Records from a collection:

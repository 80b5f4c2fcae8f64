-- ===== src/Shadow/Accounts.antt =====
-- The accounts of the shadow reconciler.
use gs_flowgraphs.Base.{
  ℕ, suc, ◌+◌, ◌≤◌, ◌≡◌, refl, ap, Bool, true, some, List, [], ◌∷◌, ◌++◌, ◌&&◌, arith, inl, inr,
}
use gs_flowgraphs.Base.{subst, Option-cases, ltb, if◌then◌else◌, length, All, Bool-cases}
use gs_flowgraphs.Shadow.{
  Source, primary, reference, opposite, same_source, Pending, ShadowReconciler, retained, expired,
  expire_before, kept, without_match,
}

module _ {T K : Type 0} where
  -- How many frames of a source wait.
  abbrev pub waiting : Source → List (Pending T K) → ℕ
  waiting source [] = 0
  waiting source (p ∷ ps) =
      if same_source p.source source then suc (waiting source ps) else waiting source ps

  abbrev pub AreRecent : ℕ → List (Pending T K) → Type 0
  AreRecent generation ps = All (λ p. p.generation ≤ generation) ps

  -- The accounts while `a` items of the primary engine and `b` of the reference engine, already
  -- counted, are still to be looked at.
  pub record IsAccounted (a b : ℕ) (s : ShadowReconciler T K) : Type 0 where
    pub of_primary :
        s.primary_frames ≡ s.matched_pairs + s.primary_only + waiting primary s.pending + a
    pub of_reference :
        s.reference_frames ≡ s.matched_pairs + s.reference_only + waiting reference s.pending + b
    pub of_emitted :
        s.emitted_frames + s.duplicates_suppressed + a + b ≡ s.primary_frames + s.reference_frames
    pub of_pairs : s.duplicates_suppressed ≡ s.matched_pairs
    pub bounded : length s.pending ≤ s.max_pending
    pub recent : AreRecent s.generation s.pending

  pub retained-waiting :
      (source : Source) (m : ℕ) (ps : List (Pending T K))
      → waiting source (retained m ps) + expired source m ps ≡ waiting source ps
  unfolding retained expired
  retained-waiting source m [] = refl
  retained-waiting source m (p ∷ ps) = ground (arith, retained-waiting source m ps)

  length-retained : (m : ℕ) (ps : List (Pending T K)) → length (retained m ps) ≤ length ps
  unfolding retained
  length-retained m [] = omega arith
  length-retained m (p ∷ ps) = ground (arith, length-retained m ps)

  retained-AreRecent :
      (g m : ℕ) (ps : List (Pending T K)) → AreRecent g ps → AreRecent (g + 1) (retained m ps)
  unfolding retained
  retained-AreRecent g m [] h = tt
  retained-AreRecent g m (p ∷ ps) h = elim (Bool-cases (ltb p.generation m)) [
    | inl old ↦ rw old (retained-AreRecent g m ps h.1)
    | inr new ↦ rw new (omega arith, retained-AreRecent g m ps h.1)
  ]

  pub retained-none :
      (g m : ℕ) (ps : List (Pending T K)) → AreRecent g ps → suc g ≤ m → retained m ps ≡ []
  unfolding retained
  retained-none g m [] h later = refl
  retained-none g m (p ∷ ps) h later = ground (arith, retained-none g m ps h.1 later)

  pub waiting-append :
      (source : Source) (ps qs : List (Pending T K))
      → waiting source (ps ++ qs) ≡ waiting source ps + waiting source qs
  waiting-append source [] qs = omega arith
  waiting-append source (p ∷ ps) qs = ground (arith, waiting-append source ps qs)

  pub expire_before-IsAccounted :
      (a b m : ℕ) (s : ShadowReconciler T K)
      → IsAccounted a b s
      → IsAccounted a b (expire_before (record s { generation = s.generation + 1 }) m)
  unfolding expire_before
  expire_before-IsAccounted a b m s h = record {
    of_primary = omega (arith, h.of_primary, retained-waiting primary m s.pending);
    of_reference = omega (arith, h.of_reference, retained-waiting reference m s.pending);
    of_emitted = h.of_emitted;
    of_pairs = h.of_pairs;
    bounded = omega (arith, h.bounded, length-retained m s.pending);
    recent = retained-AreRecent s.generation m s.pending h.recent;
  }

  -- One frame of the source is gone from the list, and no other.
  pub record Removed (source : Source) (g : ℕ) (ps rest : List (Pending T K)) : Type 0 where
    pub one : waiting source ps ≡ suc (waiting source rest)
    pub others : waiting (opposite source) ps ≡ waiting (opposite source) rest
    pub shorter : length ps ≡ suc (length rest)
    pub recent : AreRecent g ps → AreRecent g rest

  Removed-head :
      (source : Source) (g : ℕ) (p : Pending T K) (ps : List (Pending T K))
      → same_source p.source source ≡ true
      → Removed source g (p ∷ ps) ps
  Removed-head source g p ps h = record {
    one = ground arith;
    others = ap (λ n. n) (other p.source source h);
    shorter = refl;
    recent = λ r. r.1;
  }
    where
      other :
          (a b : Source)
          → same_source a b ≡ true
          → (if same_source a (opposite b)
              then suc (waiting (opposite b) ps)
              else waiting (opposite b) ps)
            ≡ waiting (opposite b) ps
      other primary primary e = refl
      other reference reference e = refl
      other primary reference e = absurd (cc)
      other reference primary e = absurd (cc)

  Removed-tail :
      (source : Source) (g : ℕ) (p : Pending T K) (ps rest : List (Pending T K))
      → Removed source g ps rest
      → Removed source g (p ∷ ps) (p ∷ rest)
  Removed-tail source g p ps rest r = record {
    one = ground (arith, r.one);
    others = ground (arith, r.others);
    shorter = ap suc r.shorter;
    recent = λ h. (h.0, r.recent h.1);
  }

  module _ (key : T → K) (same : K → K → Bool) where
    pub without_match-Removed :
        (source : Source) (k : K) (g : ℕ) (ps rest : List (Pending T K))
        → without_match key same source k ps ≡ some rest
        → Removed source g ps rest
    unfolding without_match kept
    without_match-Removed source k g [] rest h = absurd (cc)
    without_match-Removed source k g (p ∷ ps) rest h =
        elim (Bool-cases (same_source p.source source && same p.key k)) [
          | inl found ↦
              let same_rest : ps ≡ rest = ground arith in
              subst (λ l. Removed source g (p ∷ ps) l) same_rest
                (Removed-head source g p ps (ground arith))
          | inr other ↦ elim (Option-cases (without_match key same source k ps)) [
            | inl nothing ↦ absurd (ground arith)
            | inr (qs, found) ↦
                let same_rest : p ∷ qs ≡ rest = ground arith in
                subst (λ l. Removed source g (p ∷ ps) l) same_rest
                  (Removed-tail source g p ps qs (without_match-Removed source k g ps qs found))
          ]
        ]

### Your assignment
In the reply, include exactly the lines from the beginning of the entries above through the line holding "if same_source p.source", and nothing besides.

### Output below
repository 80b5f4c2fcae8f64
-- ===== src/Shadow/Accounts.antt =====
-- The accounts of the shadow reconciler.
use gs_flowgraphs.Base.{
  ℕ, suc, ◌+◌, ◌≤◌, ◌≡◌, refl, ap, Bool, true, some, List, [], ◌∷◌, ◌++◌, ◌&&◌, arith, inl, inr,
}
use gs_flowgraphs.Base.{subst, Option-cases, ltb, if◌then◌else◌, length, All, Bool-cases}
use gs_flowgraphs.Shadow.{
  Source, primary, reference, opposite, same_source, Pending, ShadowReconciler, retained, expired,
  expire_before, kept, without_match,
}

module _ {T K : Type 0} where
  -- How many frames of a source wait.
  abbrev pub waiting : Source → List (Pending T K) → ℕ
  waiting source [] = 0
  waiting source (p ∷ ps) =
      if same_source p.source source then suc (waiting source ps) else waiting source ps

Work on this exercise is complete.